• [What needs to be done] Please restate, word for word, the lines below that begin at the one with "left_of (taking locks left) = []" and end at the one with "pending (active left)". Leave out all other lines.

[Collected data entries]
|---|

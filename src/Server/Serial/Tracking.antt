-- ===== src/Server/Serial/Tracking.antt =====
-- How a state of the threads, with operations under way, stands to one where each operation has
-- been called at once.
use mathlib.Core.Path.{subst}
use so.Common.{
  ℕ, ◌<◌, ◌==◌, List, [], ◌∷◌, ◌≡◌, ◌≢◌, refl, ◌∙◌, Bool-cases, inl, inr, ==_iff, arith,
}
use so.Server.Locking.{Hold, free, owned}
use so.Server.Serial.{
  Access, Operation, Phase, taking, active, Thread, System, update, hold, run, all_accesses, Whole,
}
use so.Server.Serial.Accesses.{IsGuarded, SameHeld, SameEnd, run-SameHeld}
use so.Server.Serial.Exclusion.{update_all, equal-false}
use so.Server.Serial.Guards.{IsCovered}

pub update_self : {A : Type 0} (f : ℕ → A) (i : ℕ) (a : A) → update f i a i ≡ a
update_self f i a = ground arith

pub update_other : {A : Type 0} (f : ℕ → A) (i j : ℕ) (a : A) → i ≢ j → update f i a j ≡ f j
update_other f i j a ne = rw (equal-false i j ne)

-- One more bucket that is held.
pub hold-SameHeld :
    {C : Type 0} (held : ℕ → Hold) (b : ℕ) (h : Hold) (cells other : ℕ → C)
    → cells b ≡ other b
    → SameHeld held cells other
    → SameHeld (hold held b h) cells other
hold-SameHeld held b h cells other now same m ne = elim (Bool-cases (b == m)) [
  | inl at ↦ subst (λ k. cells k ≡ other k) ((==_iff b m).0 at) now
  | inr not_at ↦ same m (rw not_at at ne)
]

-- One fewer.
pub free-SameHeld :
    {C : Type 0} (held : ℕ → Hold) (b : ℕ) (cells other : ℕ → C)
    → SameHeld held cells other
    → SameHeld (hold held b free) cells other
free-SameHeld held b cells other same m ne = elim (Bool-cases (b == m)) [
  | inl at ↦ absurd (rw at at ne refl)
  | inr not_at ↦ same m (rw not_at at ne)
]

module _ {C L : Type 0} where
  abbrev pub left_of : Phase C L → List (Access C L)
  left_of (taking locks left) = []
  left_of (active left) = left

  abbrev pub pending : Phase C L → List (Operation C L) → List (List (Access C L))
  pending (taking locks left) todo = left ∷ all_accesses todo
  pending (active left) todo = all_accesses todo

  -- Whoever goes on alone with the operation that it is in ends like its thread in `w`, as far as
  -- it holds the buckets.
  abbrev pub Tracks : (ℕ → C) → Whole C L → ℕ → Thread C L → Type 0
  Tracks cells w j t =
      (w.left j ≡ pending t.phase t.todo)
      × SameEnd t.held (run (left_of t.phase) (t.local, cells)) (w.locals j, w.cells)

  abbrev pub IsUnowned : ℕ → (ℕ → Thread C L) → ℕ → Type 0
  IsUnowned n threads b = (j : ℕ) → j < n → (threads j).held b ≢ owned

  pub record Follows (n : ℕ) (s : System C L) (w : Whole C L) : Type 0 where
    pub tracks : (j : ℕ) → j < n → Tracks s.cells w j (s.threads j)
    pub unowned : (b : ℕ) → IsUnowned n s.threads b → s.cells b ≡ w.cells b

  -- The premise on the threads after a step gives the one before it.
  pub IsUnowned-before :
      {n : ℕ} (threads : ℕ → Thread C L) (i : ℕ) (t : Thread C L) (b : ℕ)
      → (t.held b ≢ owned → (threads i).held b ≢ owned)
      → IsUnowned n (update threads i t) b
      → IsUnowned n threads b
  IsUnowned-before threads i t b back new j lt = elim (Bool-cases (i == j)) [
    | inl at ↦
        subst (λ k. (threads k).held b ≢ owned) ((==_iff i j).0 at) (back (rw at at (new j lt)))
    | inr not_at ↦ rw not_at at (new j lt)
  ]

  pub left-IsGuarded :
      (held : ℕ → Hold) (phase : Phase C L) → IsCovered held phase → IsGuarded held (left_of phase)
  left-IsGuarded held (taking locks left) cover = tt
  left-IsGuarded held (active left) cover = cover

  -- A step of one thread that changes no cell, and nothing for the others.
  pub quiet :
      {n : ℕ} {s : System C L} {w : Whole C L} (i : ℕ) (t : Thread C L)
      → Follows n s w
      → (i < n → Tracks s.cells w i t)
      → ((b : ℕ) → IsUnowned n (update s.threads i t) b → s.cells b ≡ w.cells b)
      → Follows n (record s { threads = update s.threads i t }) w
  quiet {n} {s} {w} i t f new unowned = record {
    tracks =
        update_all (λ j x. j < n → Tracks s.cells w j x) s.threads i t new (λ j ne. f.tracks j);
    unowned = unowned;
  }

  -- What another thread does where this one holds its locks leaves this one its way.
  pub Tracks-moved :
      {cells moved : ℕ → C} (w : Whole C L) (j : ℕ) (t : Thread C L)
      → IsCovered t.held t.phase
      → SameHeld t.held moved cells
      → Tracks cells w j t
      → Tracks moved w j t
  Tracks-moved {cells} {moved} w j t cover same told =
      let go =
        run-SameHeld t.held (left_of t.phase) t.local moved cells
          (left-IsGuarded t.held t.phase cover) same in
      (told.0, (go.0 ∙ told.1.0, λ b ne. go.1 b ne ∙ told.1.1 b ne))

|---|

• [Exercise answer]
  left_of (taking locks left) = []
  left_of (active left) = left

  abbrev pub pending : Phase C L → List (Operation C L) → List (List (Access C L))
  pending (taking locks left) todo = left ∷ all_accesses todo
  pending (active left) todo = all_accesses todo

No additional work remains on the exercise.